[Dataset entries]
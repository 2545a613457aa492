-- ===== src/Tests/Storage.antt =====
-- Runs of src/core/storage-batch.ts over a storage that takes every write, and over one that refuses
-- those of one key.
use cross_tab_worker_databus.Base.{
  ℕ, zero, suc, ◌<◌, ◌≡◌, refl, ap, Bool, true, false, Option, none, some, List, [], ◌∷◌, arith,
  if◌then◌else◌, is_some, length, drop, nat_has_eq,
}
use cross_tab_worker_databus.Base.JsMap.{
  JsMap, get, has, set, delete, get-set, get-delete, UniqueKeys,
}
use cross_tab_worker_databus.Base.JsString.{Text, text, text_has_eq, eqb}
use cross_tab_worker_databus.Storage.Writer.{
  keys, Storage, BatchingStorageWriter, init, set_item, get_item, write, flush,
  initial_retry_delay_ms,
}
use cross_tab_worker_databus.Storage.Reads.{StorageLaws, KeptOrGivenUp, flush-KeptOrGivenUp}
use cross_tab_worker_databus.Storage.Flushing.{flush-drains}
use cross_tab_worker_databus.Storage.Attempts.{flush_times, flush_times-pending_empty}
use cross_tab_worker_databus.Storage.Keys.{KeyLaws, has-keys}
use cross_tab_worker_databus.Storage.Live.{
  Event, set_called, remove_called, flush_called, microtask_runs, timer_fires, run, IsLive,
  run-init-IsLive,
}

abbrev refusing : (Text → Bool) → Storage (JsMap Text Text)
refusing bad = record {
  get_item = λ key s. get key s;
  set_item = λ key value s. if bad key then none else some (set key value s);
  remove_item = λ key s. some (delete key s);
  clear = λ s. some [];
  length = λ s. length s;
  key = λ index s. elim (drop index s) [ [] ↦ none | e ∷ rest ↦ some e.0 ];
}

refusing-laws : (bad : Text → Bool) → StorageLaws (refusing bad)
refusing-laws bad = record {
  get-set_item = λ j key value s s' h. ground (arith, get-set j key value s);
  get-remove_item = λ j key s s' h. ground (arith, get-delete j key s);
}

abbrev memory : Storage (JsMap Text Text)
memory = refusing (λ key. false)

abbrev full : Storage (JsMap Text Text)
full = refusing (eqb (text "big"))

abbrev start : BatchingStorageWriter (JsMap Text Text)
start = init ((text "old", text "0") ∷ [])

abbrev queued : BatchingStorageWriter (JsMap Text Text)
queued = set_item start (text "big") (text "1")

queued-UniqueKeys : UniqueKeys queued.pending
unfolding set get
queued-UniqueKeys = (refl, tt)

flush-KeptOrGivenUp_example : KeptOrGivenUp full queued (flush full queued) (text "big")
flush-KeptOrGivenUp_example =
    flush-KeptOrGivenUp full (refusing-laws (eqb (text "big"))) queued (text "big")
      queued-UniqueKeys

memory-Accepts :
    (key : Text) (value : Option Text) (s : JsMap Text Text)
    → is_some (write memory key value s) ≡ true
memory-Accepts key none s = refl
memory-Accepts key (some value) s = refl

flush-drains_example :
    ((flush memory queued).pending ≡ [])
    × ((flush memory queued).retry_count ≡ [])
    × ((flush memory queued).retry_handle ≡ none)
    × ((flush memory queued).retry_delay_ms ≡ initial_retry_delay_ms)
    × (memory.get_item (text "big") (flush memory queued).storage
        ≡ get_item memory queued (text "big"))
flush-drains_example =
    flush-drains memory memory-Accepts (refusing-laws (λ key. false)) queued (text "big")
      queued-UniqueKeys

flush_times-pending_empty_example : (flush_times full 5 queued).pending ≡ []
unfolding set
flush_times-pending_empty_example = flush_times-pending_empty full 5 queued (omega arith)

abbrev events : List Event
events =
    set_called (text "big") (text "1")
    ∷ microtask_runs
    ∷ remove_called (text "old")
    ∷ timer_fires
    ∷ flush_called
    ∷ []

run-init-IsLive_example : IsLive full (run full (init ((text "old", text "0") ∷ [])) events)
run-init-IsLive_example = run-init-IsLive full ((text "old", text "0") ∷ []) events

memory_key-listed :
    (s : JsMap Text Text) (index : ℕ) (key : Text)
    → index < length s
    → memory.key index s ≡ some key
    → is_some (get key s) ≡ true
unfolding get
memory_key-listed [] index key h e = absurd (omega arith)
memory_key-listed ((k, v) ∷ s) zero key h e = ground arith
memory_key-listed ((k, v) ∷ s) (suc index) key h e =
    ground (arith, memory_key-listed s index key (omega arith) e)

memory_key-found :
    (s : JsMap Text Text) (key : Text)
    → is_some (get key s) ≡ true
    → (index : ℕ) × (index < length s) × (memory.key index s ≡ some key)
unfolding get
memory_key-found [] key h = absurd (ground arith)
memory_key-found ((k, v) ∷ s) key h = elim (text_has_eq.dec k key) [
  | yes q ↦ (0, omega arith, ap some q)
  | no q ↦ let (i, l, e) = memory_key-found s key (ground arith) in (suc i, omega arith, e)
]

refusing-KeyLaws : (bad : Text → Bool) → KeyLaws (refusing bad)
refusing-KeyLaws bad = record {
  listed = λ s index key h e. memory_key-listed s index key h e;
  found = λ s key h. memory_key-found s key h;
}

has-keys_example : has (text "old") (keys full queued) ≡ is_some (get_item full queued (text "old"))
has-keys_example =
    has-keys full (refusing-KeyLaws (eqb (text "big"))) queued (text "old") queued-UniqueKeys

# EXERCISE GOAL:
If a line above holds the word "none", copy it.

# EXERCISE RESULT:
  ℕ, zero, suc, ◌<◌, ◌≡◌, refl, ap, Bool, true, false, Option, none, some, List, [], ◌∷◌, arith,
  set_item = λ key value s. if bad key then none else some (set key value s);
  key = λ index s. elim (drop index s) [ [] ↦ none | e ∷ rest ↦ some e.0 ];
memory-Accepts key none s = refl
    × ((flush memory queued).retry_handle ≡ none)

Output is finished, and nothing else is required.